Today is the People’s Climate March here in New York City. Sponsored by peoplesclimate.org, the march here is joined by events in other major cities around the world, including London, Berlin, Bogota, Istanbul, Paris, Rio, Delhi, Melbourne, Johannesburg, Lagos, and Amsterdam. The marches and other events are intended to put pressure on international leaders who will meet at the United Nations Climate Summit 2014 on Tuesday to create the framework for a global agreement on emissions that (it is hoped) will be agreed upon in Paris late next year.
If that agreement occurs it will certainly be a case of politicians leading from behind. As I’ve noted here and here and here, researchers at organizations as diverse as NASA, NOAA, and IPCC have been telling us that the climate is changing now, that change is accelerating, and that we’ve already reached the tipping point in places like Antarctica’s Western Ice Sheet. And the news just keeps piling up. NOAA has announced that the combined average temperature across global land and ocean surfaces for August 2014 was a record high for the month, at 1.35°F above the 20th century average of 60.1°F, topping the previous record set in 1998. The global land surface temperature was 1.78°F above the 20th century average.
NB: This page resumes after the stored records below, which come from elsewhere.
-- ===== src/Encoder/Layout.antt =====
-- The encoders write the wire protocol's bytes.
use raygun_apm_ruby.Base.{ℕ, ◌<◌, arith, List}
use raygun_apm_ruby.Base.{length}
use raygun_apm_ruby.Memory.{Writer, put, memcpy, encode_at}
use raygun_apm_ruby.Memory.Laws.{Writes, writing, put-Writes}
use raygun_apm_ruby.Protocol.{
  VariableValue, vt_boolean, VariableInfo, ExceptionThrown, Methodinfo, ProcessFrequency,
  ProcessType, Begin, End, Sql, HttpIn, HttpOut, BeginTransaction, ThreadStarted, Event, begin, end,
  methodinfo, exception_thrown, process_frequency, process_type, sql, http_in, http_out,
  begin_transaction, thread_started,
}
use raygun_apm_ruby.Protocol.Valid.{IsValue, IsVariable, IsValidData}
use raygun_apm_ruby.Encoder.{
  rg_encode_header_impl, rg_encode_methodinfo, rg_encode_sql, rg_encode_http_in,
  rg_encode_process_type, rg_encode_begin_transaction, rg_encode_http_out, encode_value,
  rg_encode_variableinfo, rg_encode_begin, by_returned_size, rg_encode_end,
  rg_encode_process_frequency, rg_encode_thread_started, rg_encode_exception_thrown,
}
use raygun_apm_ruby.Encoder.Wire.{value_bytes, variable_bytes, body_bytes, header_bytes}

pub header-Writes : (e : Event) → Writes (rg_encode_header_impl e) (header_bytes e)
unfolding rg_encode_header_impl header_bytes
header-Writes e = search writing depth 20

pub methodinfo-Writes :
    (m : Methodinfo)
    → IsValidData (methodinfo m)
    → Writes (rg_encode_methodinfo m) (body_bytes (methodinfo m))
unfolding rg_encode_methodinfo body_bytes
methodinfo-Writes m v = search writing depth 20

pub sql-Writes : (q : Sql) → IsValidData (sql q) → Writes (rg_encode_sql q) (body_bytes (sql q))
unfolding rg_encode_sql body_bytes
sql-Writes q v = search writing depth 30

value-Writes : (v : VariableValue) → IsValue v → Writes (encode_value v) (value_bytes v)
unfolding encode_value value_bytes
value-Writes (vt_boolean b) h = put-Writes _
value-Writes _ h = search writing

pub variable-Writes :
    (v : VariableInfo) → IsVariable v → Writes (rg_encode_variableinfo v) (variable_bytes v)
unfolding rg_encode_variableinfo variable_bytes
variable-Writes v h = search (writing, value-Writes) depth 20

-- A pointer moved by the returned size is moved past what was written, if that fits `rg_short_t`.
pub by_returned_size-Writes :
    {w : Writer} {xs : List ℕ} → Writes w xs → length xs < 32768 → Writes (by_returned_size w) xs
unfolding by_returned_size put memcpy encode_at
by_returned_size-Writes {xs} p h = record { writes = λ c r. ground (arith, p.writes c r) }

pub end-Writes :
    (e : End)
    → IsValidData (end e)
    → length (variable_bytes e.returnvalue) < 32768
    → Writes (rg_encode_end e) (body_bytes (end e))
unfolding rg_encode_end body_bytes
end-Writes e v h = search (writing, by_returned_size-Writes, variable-Writes) depth 20

pub begin-Writes : (b : Begin) → Writes (rg_encode_begin b) (body_bytes (begin b))
unfolding rg_encode_begin body_bytes
begin-Writes b = search writing depth 20

pub exception_thrown-Writes :
    (x : ExceptionThrown)
    → IsValidData (exception_thrown x)
    → Writes (rg_encode_exception_thrown x) (body_bytes (exception_thrown x))
unfolding rg_encode_exception_thrown body_bytes
exception_thrown-Writes x v = search writing depth 20

pub process_frequency-Writes :
    (p : ProcessFrequency)
    → Writes (rg_encode_process_frequency p) (body_bytes (process_frequency p))
unfolding rg_encode_process_frequency body_bytes
process_frequency-Writes p = search writing

pub process_type-Writes :
    (p : ProcessType)
    → IsValidData (process_type p)
    → Writes (rg_encode_process_type p) (body_bytes (process_type p))
unfolding rg_encode_process_type body_bytes
process_type-Writes p v = search writing depth 20

pub http_in-Writes :
    (h : HttpIn) → IsValidData (http_in h) → Writes (rg_encode_http_in h) (body_bytes (http_in h))
unfolding rg_encode_http_in body_bytes
http_in-Writes h v = search writing depth 20

pub http_out-Writes :
    (h : HttpOut)
    → IsValidData (http_out h)
    → Writes (rg_encode_http_out h) (body_bytes (http_out h))
unfolding rg_encode_http_out body_bytes
http_out-Writes h v = search writing depth 20

pub begin_transaction-Writes :
    (t : BeginTransaction)
    → IsValidData (begin_transaction t)
    → Writes (rg_encode_begin_transaction t) (body_bytes (begin_transaction t))
unfolding rg_encode_begin_transaction body_bytes
begin_transaction-Writes t v = search writing depth 20

pub thread_started-Writes :
    (t : ThreadStarted) → Writes (rg_encode_thread_started t) (body_bytes (thread_started t))
unfolding rg_encode_thread_started body_bytes
thread_started-Writes t = search writing
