-- ===== src/Encoder/Emit/Delivery.antt =====
-- What the sink is handed: an event whose header is filled in, and a scratch buffer that begins with
-- exactly the bytes of its command.
use raygun_apm_ruby.Base.{ℕ, ◌+◌, ◌≤◌, ◌≡◌, refl, sym, arith, []}
use raygun_apm_ruby.Base.{Option, some, length}
use raygun_apm_ruby.Memory.{Writer, overwrite, read, ◌>>=◌}
use raygun_apm_ruby.Memory.Laws.{
  Writes, encode_at-some, overwrite-front, length-overwrite, slice-overwrite,
}
use raygun_apm_ruby.Protocol.{
  EncodedString, VariableInfo, EventData, Event, Method, Thread, begin, end, min_payload,
  methodinfo, exception_thrown, thread_ended, process_ended, process_frequency, process_type,
  begin_transaction, end_transaction, thread_started, scratch_buffer_size,
}
use raygun_apm_ruby.Protocol.Valid.{IsString, IsVariable, IsValidData}
use raygun_apm_ruby.Encoder.Wire.{body_bytes, header_bytes, command_bytes}
use raygun_apm_ruby.Encoder.Layout.{
  header-Writes, methodinfo-Writes, end-Writes, begin-Writes, exception_thrown-Writes,
  process_frequency-Writes, process_type-Writes, begin_transaction-Writes, thread_started-Writes,
}
use raygun_apm_ruby.Encoder.Bounds.{
  length-header, length-command, length-body-le, length-variable-le,
}
use raygun_apm_ruby.Encoder.Emit.{
  Context, Sink, rg_encode_header, fresh_event, encode_command, hand_over, emit_with_body,
  emit_header_only, rg_process_frequency, rg_begin_transaction, rg_end_transaction, rg_process_type,
  rg_process_ended, rg_thread_started, rg_thread_ended, rg_exception_thrown, rg_methodinfo,
  rg_begin, rg_end,
}

module _ (ctx : Context) (now tid : ℕ) (d : EventData) where
  -- The event as the sink sees it, its length that of its command.
  abbrev pub delivered : Event
  delivered = record {
    length = 19 + length (body_bytes d);
    pid = ctx.pid;
    tid = tid;
    timestamp = now;
    payload = d;
  }

  -- The context as the sink sees it.
  abbrev pub encoded : Context
  encoded = record ctx { buf = overwrite ctx.buf 0 (command_bytes delivered) }

  encode_command-some :
      (w : Writer)
      → Writes w (body_bytes d)
      → length (body_bytes d) ≤ 16404
      → length ctx.buf ≡ scratch_buffer_size
      → encode_command ctx now tid d w ≡ some (length (body_bytes d), delivered, encoded)
  unfolding encode_command rg_encode_header command_bytes
  encode_command-some w v small room = ground (
    arith,
    encode_at-some ctx.buf 19 v (omega arith),
    encode_at-some (overwrite ctx.buf 19 (body_bytes d)) 0 (header-Writes delivered)
        (omega (arith, length-overwrite ctx.buf 19 (body_bytes d), length-header delivered)),
    overwrite-front ctx.buf 0 19 (header_bytes delivered) (body_bytes d)
        (sym (length-header delivered)),
  )

  header_only-some :
      body_bytes d ≡ []
      → length ctx.buf ≡ scratch_buffer_size
      → rg_encode_header ctx now (fresh_event tid d) min_payload ≡ some (delivered, encoded)
  unfolding rg_encode_header command_bytes
  header_only-some e room = rw e (
      ground (
        arith,
        encode_at-some ctx.buf 0 (header-Writes (record delivered { length = 19 }))
            (omega (arith, length-header (record delivered { length = 19 }))),
      ))

  -- The sink is called once, with the delivered event and its size, and its answer is returned.
  abbrev pub Delivers : {U : Type 0} → Sink U → U → Option (ℕ × U × Context) → Type 0
  Delivers sink u result = result ≡ hand_over sink u encoded delivered (19 + length (body_bytes d))

abbrev pub methodinfo_of : Method → EncodedString → EncodedString → EventData
methodinfo_of m class_name method_name = methodinfo (record {
  function_id = m.function_id;
  class_name = class_name;
  method_name = method_name;
  method_source = m.source;
})

module _ {U : Type 0} (sink : Sink U) (ctx : Context) (u : U) (now tid : ℕ) where
  emit_with_body-Delivers :
      (d : EventData) (w : Writer)
      → Writes w (body_bytes d)
      → IsValidData d
      → length ctx.buf ≡ scratch_buffer_size
      → Delivers ctx now tid d sink u (emit_with_body sink ctx u now tid d w)
  unfolding emit_with_body
  emit_with_body-Delivers d w p v room =
      ground
        (arith, encode_command-some ctx now tid d w p (length-body-le d v) room, length-body-le d v)

  emit_header_only-Delivers :
      (d : EventData)
      → body_bytes d ≡ []
      → length ctx.buf ≡ scratch_buffer_size
      → Delivers ctx now tid d sink u (emit_header_only sink ctx u now tid d)
  unfolding emit_header_only
  emit_header_only-Delivers d e room = rw (header_only-some ctx now tid d e room, e)

  -- With a scratch buffer of the declared size, the two functions of the tracing hook never write
  -- past it: each calls the sink once, with the command for its arguments at the start of the buffer,
  -- no arguments on a BEGIN, no tail call on an END.
  pub begin_end-Delivers :
      (func instance_id : ℕ) (returnvalue : VariableInfo)
      → IsVariable returnvalue
      → length ctx.buf ≡ scratch_buffer_size
      → Delivers ctx now tid
          (begin (record { function_id = func; instance_id = instance_id; argc = 0 }))
          sink
          u
          (rg_begin sink ctx u now tid func instance_id)
        × Delivers ctx now tid
            (end (record { function_id = func; tail_call = 0; returnvalue = returnvalue }))
            sink
            u
            (rg_end sink ctx u now tid func returnvalue)
  unfolding rg_begin rg_end
  begin_end-Delivers func instance_id returnvalue v room = (
    emit_with_body-Delivers _ _ (begin-Writes _) tt room,
    emit_with_body-Delivers _ _ (end-Writes _ v (omega (arith, length-variable-le returnvalue v))) v
        room,
  )

  -- The same of the trace boundaries: transactions, exceptions, the process type and frequency, and
  -- the end of the process.
  pub boundaries-Deliver :
      (api_key technology type : EncodedString) (frequency exception : ℕ)
      → IsString api_key
      → IsString technology
      → IsString type
      → length ctx.buf ≡ scratch_buffer_size
      → Delivers ctx now tid
          (begin_transaction
            (record { api_key = api_key; technology_type = technology; process_type = type }))
          sink
          u
          (rg_begin_transaction sink ctx u now tid api_key technology type)
        × Delivers ctx now tid
            (process_type (record { technology_type = technology; process_type = type }))
            sink
            u
            (rg_process_type sink ctx u now tid technology type)
        × Delivers ctx now tid
            (exception_thrown
              (record { exception_id = exception; class_name = technology; correlation_id = type }))
            sink
            u
            (rg_exception_thrown sink ctx u now tid exception technology type)
        × Delivers ctx now tid
            (process_frequency (record { frequency = frequency }))
            sink
            u
            (rg_process_frequency sink ctx u now tid frequency)
        × Delivers ctx now tid end_transaction sink u (rg_end_transaction sink ctx u now tid)
        × Delivers ctx now tid process_ended sink u (rg_process_ended sink ctx u now tid)
  unfolding rg_begin_transaction rg_process_type rg_exception_thrown rg_process_frequency
      rg_end_transaction rg_process_ended body_bytes
  boundaries-Deliver api_key technology type frequency exception v w x room = (
    emit_with_body-Delivers _ _ (begin_transaction-Writes _ (v, w, x)) (v, w, x) room,
    emit_with_body-Delivers _ _ (process_type-Writes _ (w, x)) (w, x) room,
    emit_with_body-Delivers _ _ (exception_thrown-Writes _ (w, x)) (w, x) room,
    emit_with_body-Delivers _ _ (process_frequency-Writes _) tt room,
    emit_header_only-Delivers end_transaction refl room,
    emit_header_only-Delivers process_ended refl room,
  )

  -- A discovered method is delivered once, and the method keeps a copy of exactly the delivered
  -- command, for the timer thread to send again.
  pub rg_methodinfo-Delivers :
      (m : Method) (class_name method_name : EncodedString)
      → IsString class_name
      → IsString method_name
      → length ctx.buf ≡ scratch_buffer_size
      → let d = methodinfo_of m class_name method_name in
        rg_methodinfo sink ctx u now tid m class_name method_name ≡ (
          sink
            (encoded ctx now tid d)
            u
            (some (delivered ctx now tid d))
            (19 + length (body_bytes d))
          >>= λ r. some (
            r.0,
            r.1,
            encoded ctx now tid d,
            record m {
              encoded_size = 19 + length (body_bytes d);
              encoded = command_bytes (delivered ctx now tid d);
            },
          ))
  unfolding rg_methodinfo read
  rg_methodinfo-Delivers m class_name method_name v w room =
      let d = methodinfo_of m class_name method_name in
      let small = length-body-le d (v, w) in
      rw (encode_command-some ctx now tid d _ (methodinfo-Writes _ (v, w)) small room) (
        ground (
          arith,
          small,
          length-overwrite ctx.buf 0 (command_bytes (delivered ctx now tid d)),
          length-command (delivered ctx now tid d),
          slice-overwrite ctx.buf 0 (19 + length (body_bytes d))
              (command_bytes (delivered ctx now tid d)),
        ))

module _ {U : Type 0} (sink : Sink U) (ctx : Context) (u : U) (now : ℕ) (th : Thread) where
  -- A started thread is announced under its own id with its parent's, an ended one by the header
  -- alone; with a scratch buffer of the declared size each is one call of the sink.
  pub threads-Deliver :
      length ctx.buf ≡ scratch_buffer_size
      → Delivers ctx now th.tid
          (thread_started (record { parent_tid = th.parent_tid }))
          sink
          u
          (rg_thread_started sink ctx u now th)
        × Delivers ctx now th.tid thread_ended sink u (rg_thread_ended sink ctx u now th.tid)
  unfolding rg_thread_started rg_thread_ended body_bytes
  threads-Deliver room = (
    emit_with_body-Delivers sink ctx u now th.tid _ _ (thread_started-Writes _) tt room,
    emit_header_only-Delivers sink ctx u now th.tid thread_ended refl room,
  )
Here’s a map of the global temperature variations compared to the base period of 1981-2010.
The August report means that globally, June through August 2014 is the 5th hottest on record. The four periods that were hotter than this year have all occurred since 1998.
Since the founding of the IPCC in 1988 progress has been slow and halting (a history of UN climate actions can be found here). Let’s hope that strong action is agreed to this time.